8. Conclusion and Future Work

In this paper, we propose a fine-grained content-based access control model RTBAC, which uses topics and risk management to realize dynamic paragraph-level authorization. We use two different datasets to conduct comparative experiments with CBAC and RCBAC. The experimental results show that RTBAC can execute file-level authorization efficiently. Meanwhile, RTBAC can distinguish “curious users” from “normal users” efficiently and restrict the accessibility of curious users.

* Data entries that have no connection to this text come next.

-- ===== src/Security/FirewallProbe/Report.antt =====
-- What the report of src/security/firewall_probe.cpp says of the ports probed.
use mathlib.Core.List.{append-nil, append_assoc}
use mathlib.Core.Path.{subst}
use slipnet.Prelude.{
  ℕ, ◌+◌, ◌≤◌, ◌≡◌, refl, inl, inr, Bool, true, false, ◌&&◌, ◌||◌, List, [], ◌∷◌, ◌++◌, map, ltb,
  ◌==◌, if◌then◌else◌, Bool-cases, Bytes, codes, is_empty, length, length-append, arith,
}
use slipnet.Prelude.Int.{ℤ}
use slipnet.Platform.Firewall.{Probe}
use slipnet.Security.FirewallProbe.{
  FirewallState, is_open, is_closed, is_filtered, is_unknown, FirewallObservation, FirewallReport,
  count, is_port, conclude, blank, observe, probe_port, probe_ports, analyze,
}

abbrev pub valid_ports : List ℤ → List ℤ
valid_ports [] = []
valid_ports (p ∷ ports) = if is_port p then p ∷ valid_ports ports else valid_ports ports

abbrev pub same_state : FirewallState → FirewallState → Bool
same_state is_open is_open = true
same_state is_closed is_closed = true
same_state is_filtered is_filtered = true
same_state is_unknown is_unknown = true
same_state _ _ = false

abbrev pub count_of : FirewallState → List FirewallObservation → ℕ
count_of s [] = 0
count_of s (o ∷ rest) = (if same_state o.state s then 1 else 0) + count_of s rest

abbrev pub has_state : FirewallState → List FirewallObservation → Bool
has_state s [] = false
has_state s (o ∷ rest) = same_state o.state s || has_state s rest

abbrev pub all_state : FirewallState → List FirewallObservation → Bool
all_state s [] = true
all_state s (o ∷ rest) = same_state o.state s && all_state s rest

-- The conclusion, by what was observed.
abbrev pub verdict : List FirewallObservation → Bytes
verdict os =
    if is_empty os
    then codes "No valid TCP ports were available for probing."
    else if has_state is_filtered os
    then codes
        "Filtering behavior was observed on one or more TCP ports. This indicates packet filtering or silent traffic dropping, but does not identify a specific firewall product."
    else if has_state is_open os && has_state is_closed os
    then codes
        "Both reachable and explicitly refused TCP ports were observed. No filtering behavior was directly identified in the tested ports."
    else if has_state is_open os
    then codes
        "The tested ports responded as reachable. No filtering behavior was directly observed."
    else if all_state is_closed os
    then codes
        "All tested ports explicitly refused the TCP connection. No filtering behavior was directly observed."
    else codes "The available observations were insufficient to determine firewall behavior."

-- The counters of a report are those of the observations.
pub record Counts (os : List FirewallObservation) (r : FirewallReport) : Type 0 where
  pub observations_are : r.observations ≡ os
  pub observed_is : r.observed ≡ length os
  pub open_is : r.open_count ≡ count_of is_open os
  pub closed_is : r.closed ≡ count_of is_closed os
  pub filtered_is : r.filtered ≡ count_of is_filtered os
  pub unknown_is : r.unknown ≡ count_of is_unknown os
  pub evidence_is : r.has_evidence_of_filtering ≡ has_state is_filtered os

count_of-append :
    (s : FirewallState) (os : List FirewallObservation) (o : FirewallObservation)
    → count_of s (os ++ o ∷ []) ≡ count_of s os + (if same_state o.state s then 1 else 0)
count_of-append s [] o = omega arith
count_of-append s (x ∷ os) o = omega (arith, count_of-append s os o)

has_state-append :
    (s : FirewallState) (os : List FirewallObservation) (o : FirewallObservation)
    → has_state s (os ++ o ∷ []) ≡ (has_state s os || same_state o.state s)
has_state-append s [] o = ground arith
has_state-append s (x ∷ os) o = ground (arith, has_state-append s os o)

is_empty_length : {A : Type 0} (xs : List A) → (length xs == 0) ≡ is_empty xs
is_empty_length [] = refl
is_empty_length (x ∷ xs) = ground arith

-- One round of the loop, by the state observed.
round : FirewallState → FirewallObservation → FirewallReport → FirewallReport
round s o r =
    let counted = count s (record r { observed = r.observed + 1 }) in
    record counted { observations = counted.observations ++ o ∷ [] }

module _ (o : FirewallObservation) (os : List FirewallObservation) (r : FirewallReport) where
  round-Counts :
      (s : FirewallState) → o.state ≡ s → Counts os r → Counts (os ++ o ∷ []) (round s o r)
  unfolding round count
  round-Counts is_open e c = ground (
    arith,
    length-append os (o ∷ []),
    count_of-append is_open os o,
    count_of-append is_closed os o,
    count_of-append is_filtered os o,
    count_of-append is_unknown os o,
    has_state-append is_filtered os o,
  )
  round-Counts _ e c = ground (
    arith,
    length-append os (o ∷ []),
    count_of-append is_open os o,
    count_of-append is_closed os o,
    count_of-append is_filtered os o,
    count_of-append is_unknown os o,
    has_state-append is_filtered os o,
  )

blank-Counts : (host : Bytes) → Counts [] (blank host)
blank-Counts host = record {
  observations_are = refl;
  observed_is = refl;
  open_is = refl;
  closed_is = refl;
  filtered_is = refl;
  unknown_is = refl;
  evidence_is = refl;
}

length_sum :
    (os : List FirewallObservation)
    → count_of is_open os + count_of is_closed os + count_of is_filtered os + count_of is_unknown os
      ≡ length os
length_sum [] = refl
length_sum (o ∷ os) = ground (arith, length_sum os)

has_state_count :
    (s : FirewallState) (os : List FirewallObservation) → ltb 0 (count_of s os) ≡ has_state s os
has_state_count s [] = refl
has_state_count s (o ∷ os) = ground (arith, has_state_count s os)

count_of-le : (s : FirewallState) (os : List FirewallObservation) → count_of s os ≤ length os
count_of-le s [] = omega arith
count_of-le s (o ∷ os) = ground (arith, count_of-le s os)

all_state_count :
    (s : FirewallState) (os : List FirewallObservation)
    → (count_of s os == length os) ≡ all_state s os
all_state_count s [] = refl
all_state_count s (o ∷ os) = ground (arith, all_state_count s os, count_of-le s os)

conclude-verdict :
    (os : List FirewallObservation) (r : FirewallReport) → Counts os r → conclude r ≡ verdict os
unfolding conclude
conclude-verdict os r c = rw (
  c.observed_is,
  c.filtered_is,
  c.open_is,
  c.closed_is,
  has_state_count is_filtered os,
  has_state_count is_open os,
  has_state_count is_closed os,
  all_state_count is_closed os,
  is_empty_length os,
)

module _ (probe_tcp : Probe) (host : Bytes) where
  probe_port-Counts :
      (p : ℤ) (os : List FirewallObservation) (r : FirewallReport)
      → Counts os r
      → Counts (os ++ observe probe_tcp host p ∷ []) (probe_port probe_tcp host p r)
  unfolding probe_port
  probe_port-Counts p os r c =
      let o = observe probe_tcp host p in unfold round in round-Counts o os r o.state refl c

  probe_ports-Counts :
      (ports : List ℤ) (os : List FirewallObservation) (r : FirewallReport)
      → Counts os r
      → Counts
          (os ++ map (observe probe_tcp host) (valid_ports ports))
          (probe_ports probe_tcp host ports r)
  unfolding probe_ports
  probe_ports-Counts [] os r c = rw append-nil c
  probe_ports-Counts (p ∷ ports) os r c = elim (Bool-cases (is_port p)) [
    | inl e ↦ rw e (
        subst (λ l. Counts l (probe_ports probe_tcp host ports (probe_port probe_tcp host p r)))
          (append_assoc os (observe probe_tcp host p ∷ [])
            (map (observe probe_tcp host) (valid_ports ports)))
          (probe_ports-Counts ports (os ++ observe probe_tcp host p ∷ [])
            (probe_port probe_tcp host p r) (probe_port-Counts p os r c)))
    | inr e ↦ rw e (probe_ports-Counts ports os r c)
  ]

  -- The report has one observation for each port from 1 to 65535, in order, and its counters and
  -- its evidence flag are those of the observations, which the four counters share out. The
  -- conclusion is the verdict on the states observed.
  pub analyze-Counts :
      (ports : List ℤ)
      → Counts (map (observe probe_tcp host) (valid_ports ports)) (analyze probe_tcp host ports)
        × ((analyze probe_tcp host ports).open_count
              + (analyze probe_tcp host ports).closed
              + (analyze probe_tcp host ports).filtered
              + (analyze probe_tcp host ports).unknown
            ≡ (analyze probe_tcp host ports).observed)
        × ((analyze probe_tcp host ports).conclusion
            ≡ verdict (map (observe probe_tcp host) (valid_ports ports)))
  unfolding analyze
  analyze-Counts ports =
      let os = map (observe probe_tcp host) (valid_ports ports) in
      let c = probe_ports-Counts ports [] (blank host) (blank-Counts host) in
      (
        record {
          observations_are = c.observations_are;
          observed_is = c.observed_is;
          open_is = c.open_is;
          closed_is = c.closed_is;
          filtered_is = c.filtered_is;
          unknown_is = c.unknown_is;
          evidence_is = c.evidence_is;
        },
        omega (
          arith,
          length_sum os,
          c.observed_is,
          c.open_is,
          c.closed_is,
          c.filtered_is,
          c.unknown_is,
        ),
        conclude-verdict os (probe_ports probe_tcp host ports (blank host)) c,
      )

To the best of our knowledge, the RTBAC model is the first risk-aware access control model with paragraph-level authorization, and we can conduct further researches based on RTBAC in the following two directions:(1)More efficient offline processing. In RTBAC, the topics are extracted based on latent Dirichlet allocation. LDA is one of the most classic topic models, but the execution efficiency of LDA is not very good. Although offline extracting topics does not affect the efficiency of online authorization, in order to apply RTBAC in super large-scale text data, it is also necessary to improve the efficiency of offline extracting topics.(2)RTBAC with encryption technology. In the information age, many data are stored in the clouds. RTBAC is now an access control model for the plaintext database. In order to apply RTBAC in the cloud computing platform, it is also very necessary to combine RTBAC with encryption technology.

Data Availability

The data used to support the findings of this study are available from the corresponding author upon request.

Conflicts of Interest

The authors declare that there are no conflicts of interest regarding the publication of this paper.

Acknowledgments

This work was supported by the National Natural Science Foundation of China (61972209, 61572263, and 61872197), the Postgraduate Research and Practice Innovation Program of Jiangsu Province (KYCX18_0891 and KYCX21_0789), the Natural Science Foundation of Jiangsu Province (BK20161516 and BK20160916), the Postdoctoral Science Foundation Project of China (2016M601859), the Natural Research Foundation of Nanjing University of Posts and Telecommunications (NY217119), and the Anhui Provincial Key Laboratory of Network and Information Security (AHNIS2020002).